# [DIRECTIONS FOR THIS TASK]
Copy out each line of the data below in which "start" appears.
── DATA
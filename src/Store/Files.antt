-- ===== src/Store/Files.antt =====
-- `TaskFileStore`, src/store/task_file_store.cpp: the table `task_file` is a list of rows, and each SQL
-- statement of the source is a function on it. SQLite itself is a parameter: whether there is a
-- connection, whether it prepares a statement, and whether it carries one out. A query that is prepared
-- gives all its rows.
pub mod Keys
pub mod Counted
pub mod Refines
use download_wrapper.Base.{
  ℕ, zero, suc, ◌+◌, Bool, true, false, ◌&&◌, ◌||◌, not, Option, none, some, List, [], ◌∷◌, ltb,
  leb, ◌==◌, if◌then◌else◌,
}
use download_wrapper.Base.Int.{ℤ, pos, minus_one, eqb_ℤ, ltb_ℤ, leb_ℤ}
use download_wrapper.Text.{Text, text_eq, is_empty}
use download_wrapper.Manager.TaskFile.{TaskFile}
use download_wrapper.Store.Payload.{Json, file_payload, read_task_file}

pub record Row : Type 0 where
  pub task_id : Text
  pub file_index : ℤ
  pub payload : Text
  pub is_delete : Bool
  pub is_read : Bool

pub record Sqlite : Type 0 where
  pub connected : Bool
  pub prepares : Bool
  pub carried_out : Row → Bool
  pub erases : Bool

-- Whether a row has the primary key.
unfoldable pub has_key : Text → ℤ → Row → Bool
has_key task_id file_index r = text_eq r.task_id task_id && eqb_ℤ r.file_index file_index

-- The update of a conflict: `MAX` of the marks of reading; a deleted row stays as it is.
unfoldable pub on_conflict : Row → Row → Row
on_conflict new old = if old.is_delete then old else record old {
  payload = new.payload;
  is_delete = new.is_delete;
  is_read = old.is_read || new.is_read;
}

-- `INSERT … ON CONFLICT(task_id,file_index) DO UPDATE … WHERE task_file.is_delete=0`
unfoldable pub insert_row : Row → List Row → List Row
insert_row new [] = new ∷ []
insert_row new (old ∷ rows) =
    if has_key new.task_id new.file_index old
    then on_conflict new old ∷ rows
    else old ∷ insert_row new rows

-- `UPDATE task_file SET … WHERE task_id=? AND file_index=? AND is_delete=0`
unfoldable pub update_row : Row → List Row → List Row
update_row new [] = []
update_row new (old ∷ rows) =
    let rest = update_row new rows in
    if has_key new.task_id new.file_index old && not old.is_delete then new ∷ rest else old ∷ rest

-- The row that a query for a key finds: the first, and the only one, that is not deleted.
unfoldable pub select_row : Text → ℤ → List Row → Option Row
select_row task_id file_index [] = none
select_row task_id file_index (r ∷ rows) =
    if has_key task_id file_index r && not r.is_delete
    then some r
    else select_row task_id file_index rows

-- `UPDATE task_file SET is_delete=1 WHERE task_id=? AND is_delete=0`, and `sqlite3_changes`
unfoldable pub delete_rows : Text → List Row → List Row
delete_rows task_id [] = []
delete_rows task_id (r ∷ rows) =
    let rest = delete_rows task_id rows in
    if text_eq r.task_id task_id && not r.is_delete
    then record r { is_delete = true } ∷ rest
    else r ∷ rest

unfoldable pub live_count : Text → List Row → ℕ
unfolding text_eq
live_count task_id [] = 0
live_count task_id (r ∷ rows) =
    let rest = live_count task_id rows in
    if text_eq r.task_id task_id && not r.is_delete then rest + 1 else rest

-- `ORDER BY file_index`
unfoldable pub insert_by_index : Row → List Row → List Row
insert_by_index r [] = r ∷ []
insert_by_index r (s ∷ rows) =
    if leb_ℤ r.file_index s.file_index then r ∷ s ∷ rows else s ∷ insert_by_index r rows

unfoldable pub select_rows : Text → List Row → List Row
unfolding text_eq insert_by_index
select_rows task_id [] = []
select_rows task_id (r ∷ rows) =
    let rest = select_rows task_id rows in
    if text_eq r.task_id task_id && not r.is_delete then insert_by_index r rest else rest

-- Whether a statement had a row to change.
abbrev pub found : Option Row → Bool
found none = false
found (some r) = true

-- The segments of a valid file: none of them empty, in order, apart, and within the file.
unfoldable pub valid_segments : ℤ → ℤ → List (ℤ × ℤ) → Bool
valid_segments total_size previous_end [] = true
valid_segments total_size previous_end ((start, end) ∷ rest) =
    not (ltb_ℤ start (pos 0) || leb_ℤ start previous_end || ltb_ℤ end start || leb_ℤ total_size end)
    && valid_segments total_size end rest

module _ {Rate : Type 0} where
  -- `TaskFileStore::valid`
  unfoldable pub valid : TaskFile Rate → Bool
  unfolding valid_segments
  valid file =
      not (
        is_empty file.task_id
        || ltb_ℤ file.file_index (pos 0)
        || ltb_ℤ file.total_size (pos 0)
        || ltb_ℤ file.total_done (pos 0)
        || ltb_ℤ file.total_size file.total_done)
      && (eqb_ℤ file.prioritize (pos 0)
          || eqb_ℤ file.prioritize (pos 1)
          || eqb_ℤ file.prioritize (pos 4)
          || eqb_ℤ file.prioritize (pos 7))
      && valid_segments file.total_size minus_one file.segments

  unfoldable pub row_of : Json Rate → TaskFile Rate → Row
  row_of json file = record {
    task_id = file.task_id;
    file_index = file.file_index;
    payload = file_payload json file;
    is_delete = file.is_delete;
    is_read = file.is_read;
  }

  module _ (json : Json Rate) (sqlite : Sqlite) where
    abbrev pub ready : Bool
    ready = sqlite.connected && sqlite.prepares

    -- The loop of `save`: it ends at the first file that has no key, or that SQLite refuses.
    unfoldable pub save_rows : List (TaskFile Rate) → List Row → List Row × Bool
    unfolding insert_row
    save_rows [] rows = (rows, true)
    save_rows (file ∷ files) rows =
        let rest = save_rows files (insert_row (row_of json file) rows) in
        if is_empty file.task_id || ltb_ℤ file.file_index (pos 0)
        then (rows, false)
        else if sqlite.carried_out (row_of json file)
        then rest
        else (rows, false)

    unfoldable pub save : List (TaskFile Rate) → List Row → List Row × Bool
    unfolding save_rows
    save files rows = if ready then save_rows files rows else (rows, false)

    unfoldable pub upsert : TaskFile Rate → List Row → List Row × Bool
    unfolding valid save
    upsert file rows = if valid file then save (file ∷ []) rows else (rows, false)

    -- The file of the row that a query found.
    abbrev pub read_row : Text → Option Row → Option (TaskFile Rate)
    read_row task_id none = none
    read_row task_id (some r) = read_task_file json task_id r.file_index r.payload r.is_read

    unfoldable pub find : Text → ℤ → List Row → Option (TaskFile Rate)
    unfolding select_row
    find task_id file_index rows =
        if ready then read_row task_id (select_row task_id file_index rows) else none

    -- The files of rows, without those whose text is no object.
    unfoldable pub read_rows : Text → List Row → List (TaskFile Rate)
    read_rows task_id [] = []
    read_rows task_id (r ∷ rows) =
        elim (read_task_file json task_id r.file_index r.payload r.is_read) [
          | none ↦ read_rows task_id rows
          | some file ↦ file ∷ read_rows task_id rows
        ]

    unfoldable pub get : Text → List Row → List (TaskFile Rate)
    unfolding select_rows read_rows
    get task_id rows = if ready then read_rows task_id (select_rows task_id rows) else []

    unfoldable pub update : Text → ℤ → TaskFile Rate → List Row → List Row × Bool
    unfolding valid update_row select_row
    update task_id file_index file rows =
        let keyed = record file { task_id = task_id; file_index = file_index } in
        if not (valid keyed)
        then (rows, false)
        else if not (ready && sqlite.carried_out (row_of json keyed))
        then (rows, false)
        else (update_row (row_of json keyed) rows, found (select_row task_id file_index rows))

    unfoldable pub erase : Text → List Row → List Row × ℕ
    unfolding delete_rows live_count
    erase task_id rows =
        if ready && sqlite.erases
        then (delete_rows task_id rows, live_count task_id rows)
        else (rows, 0)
────
# [EXERCISE OUTPUT]
valid_segments total_size previous_end ((start, end) ∷ rest) =
    not (ltb_ℤ start (pos 0) || leb_ℤ start previous_end || ltb_ℤ end start || leb_ℤ total_size end)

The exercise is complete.